Remember "The Bellringer of Notre Dame" fiasco? Yeah.... that.


----------



## Jodet (May 25, 2008)

Looks nice to me. Is there some history here I'm not aware of?


----------



## steve123 (Feb 9, 2009)

It looks fine. The last time I saw a built Dracula was at my friend Steffan Kacuvfus's House...were were 5... 

It wil be ok guys.....

Steve


----------



## beck (Oct 22, 2003)

i kinda like it . 
hb


----------



## MonsterModelMan (Dec 20, 2000)

It reminds me of the Disney Haunted Mansion The Vampire's Midnight Madness head....

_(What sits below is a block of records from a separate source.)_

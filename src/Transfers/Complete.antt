-- ===== src/Transfers/Complete.antt =====
-- The end of an external outbound transfer, after the provider has answered
-- (`completeExternalOutboundTransfer` of corebanking/sql_transfer_repository.go).
pub mod Final
use lenz.Prelude.{ℕ, String, Bool, true, Option, none, not, ◌&&◌, ◌||◌, ◌==◌, if◌then◌else◌}
use lenz.Prelude.Int.{eqb_ℤ}
use lenz.Prelude.Text.{trim_space}
use lenz.Model.{
  Status, LedgerStatus, ReconciliationStatus, normalize_status, is_pending, is_outbound, is_blank,
  Account, Transfer, RecordTransferInput, Error,
}
use lenz.Tx.{Store, Result, Tx, pure, fail, gets, require, fail_if, with_tx, ◌>>=◌, ◌>>◌}
use lenz.Fingerprint.{transfer_request_fingerprint}
use lenz.Policy.{enforce_transfer_controls}
use lenz.Audit.Transfers.{audit_external_outbound_transfer}
use lenz.Accounts.{LockedAccountBalance, lock_transfer_account_balances}
use lenz.Holds.{get_active_for_transfer, release}
use lenz.ProviderEvents.{link_transfer}
use lenz.Transfers.{
  get_transfer, update_transfer, unlisted_status, unlisted_provider_status, stated_provider_status,
  effective_status, ledger_outcome, given_or, narration_or,
}
use lenz.Transfers.Replay.{existing_provider_event_transfer}
use lenz.Transfers.Settle.{check_hold, post_held, reserve_event, settled_row}

-- `externalOutboundTransferStatuses`: the status, and the provider's.
unfoldable pub external_outbound_transfer_statuses : RecordTransferInput → Tx (Status × Status)
unfolding normalize_status
external_outbound_transfer_statuses input = do
  let provider_status = stated_provider_status input
  let stated = effective_status provider_status (normalize_status input.status)
  let status = if is_blank stated then provider_status else stated
  fail_if (unlisted_status status || unlisted_provider_status provider_status) Error.invalid_request
  pure (status, provider_status)

-- The `switch status`: the journal entry, if one is posted.
unfoldable pub complete_status :
    Transfer → RecordTransferInput → Account → Account → ℕ → Status → Tx (Option String)
unfolding check_hold post_held
complete_status pending input account clearing now Status.succeeded = do
  enforce_transfer_controls input account clearing
  check_hold pending input account
  post_held pending input true now
complete_status pending input account clearing now Status.failed = do
  release pending.institution_id pending.id now
  pure none
complete_status pending input account clearing now Status.pending = do
  require (← get_active_for_transfer pending.institution_id pending.id) Error.not_found
  pure none
complete_status pending input account clearing now _ = fail Error.invalid_request

-- The columns that the UPDATE sets.
abbrev pub completed_row :
    RecordTransferInput
    → Status
    → Status
    → LedgerStatus × ReconciliationStatus
    → Option String
    → ℕ
    → Transfer
    → Transfer
completed_row input status provider_status outcome journal_entry_id now t =
    let failure_reason = trim_space input.failure_reason in
    let row = settled_row input status provider_status outcome journal_entry_id now t in
    record row {
      provider_reference = narration_or input.provider_reference t.provider_reference;
      failure_reason = given_or failure_reason none;
    }

unfoldable pub link_completed : RecordTransferInput → Transfer → Tx (Unit {0})
link_completed input updated =
    if input.provider_event_id == ""
    then pure tt
    else link_transfer updated.id input.institution_id input.provider input.provider_event_id

unfoldable pub complete_reserved :
    Transfer → RecordTransferInput → LockedAccountBalance → LockedAccountBalance → ℕ → Tx Transfer
unfolding external_outbound_transfer_statuses complete_status link_completed
complete_reserved pending input locked clearing now = do
  statuses ← external_outbound_transfer_statuses input
  let status = statuses.0
  let provider_status = statuses.1
  journal_entry_id ← complete_status pending input locked.account clearing.account now status
  update_transfer pending.institution_id pending.id (
      completed_row input status provider_status
        (ledger_outcome locked input status provider_status) journal_entry_id now)
  updated ← get_transfer pending.institution_id pending.id
  link_completed input updated
  audit_external_outbound_transfer input updated locked.account clearing.account
  pure updated

-- The pending transfer is not the one that the input describes.
abbrev pub differs_outbound : Transfer → RecordTransferInput → Bool
differs_outbound pending input =
    not (is_outbound pending.direction)
    || not (pending.account_id == input.account_id)
    || not (eqb_ℤ pending.amount_minor input.amount_minor)
    || not (pending.currency_id == input.currency_id)
    || not (pending.provider == input.provider)

abbrev pub differs_in_fingerprint : Transfer → RecordTransferInput → Bool
differs_in_fingerprint pending input =
    not (input.request_fingerprint == "")
    && not (pending.request_fingerprint == "")
    && not (input.request_fingerprint == pending.request_fingerprint)

-- The part of `completeExternalOutboundTransfer` for a transfer that is still pending.
unfoldable pub complete_pending : Transfer → RecordTransferInput → Tx Transfer
unfolding complete_reserved reserve_event
complete_pending pending input = do
  locked ←
      lock_transfer_account_balances pending.institution_id pending.account_id
        input.clearing_account_id
  now ← gets (λ s. s.env.now)
  reserved ← reserve_event input pending.id now
  sha256_hex ← gets (λ s. s.env.sha256_hex)
  if reserved
      then complete_reserved pending input locked.0 locked.1 now
      else existing_provider_event_transfer input (transfer_request_fingerprint sha256_hex input)

-- `completeExternalOutboundTransfer`
unfoldable pub complete_external_outbound : String → RecordTransferInput → Tx Transfer
unfolding complete_pending
complete_external_outbound transfer_id input = do
  fail_if
      (transfer_id == ""
        || input.institution_id == ""
        || input.account_id == ""
        || input.clearing_account_id == "")
      Error.invalid_request
  pending ← get_transfer input.institution_id transfer_id
  fail_if (differs_outbound pending input) Error.conflict
  fail_if (differs_in_fingerprint pending input) Error.conflict
  if not (is_pending pending.status) then pure pending else complete_pending pending input

-- `CompleteExternalOutboundTransfer`
unfoldable pub complete_external_outbound_transfer :
    String → RecordTransferInput → Store → Result Transfer × Store
unfolding complete_external_outbound with_tx
complete_external_outbound_transfer transfer_id input =
    with_tx (complete_external_outbound (trim_space transfer_id) input)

http://www.tylisaari.com/models/disney/vmm-box2.JPG

I don't have a close up pic to compare it to but I wonder....hmmmm!

MMM


----------



## Kitzillastein58 (Jan 27, 2009)

No disrespect intented, but to me, this looks like Barney Fife with fangs! :freak:

Kitz' :wave:


----------



## SoleSky (Feb 20, 2009)

Im sure it'll look better painted


----------



## John Galt (Nov 23, 2001)

If you add a moustache, you might have it.

John Carradine played Dracula in "??? of Dracula" or something, and to me he came the closest EVER to looking like the description of Dracula in Stoker's book.

Just an opinion.


----------



## pugknows (May 28, 2002)

John Carradine played Dracula in the House of Frankenstein.


----------



## spocks beard (Mar 21, 2007)

Don't tell me this is from an upcoming dracula reissue from monogram/Revell? I missed any news on this kit being released, Can any one please fill me in on this kit? Does it come with the original head, Or did they trash the toolingThey did the same thing with some of the super heroes,Superman was hideous.:freak:


----------



## ChrisW (Jan 1, 1970)

Spocks.... Check out this thread:
http://www.hobbytalk.com/bbs1/showthread.php?t=241357&highlight=dracula

I was an early critic of destroying the molds for Bill Lemon's work. While the eyes are too large, it looks better than the painted sample on the cover of the box...IMHO...


----------



## steve123 (Feb 9, 2009)

Imagine those eyes with red fiber optics..hoo..hoo...

_You guys would gripe if they crucifed you with golden nails_....(old roman jest)

It will be a fun addition to my Monster Collection

Steve


----------



## ShadOAB (Apr 29, 2007)

It's a lot better than what happened to Superman's mug. 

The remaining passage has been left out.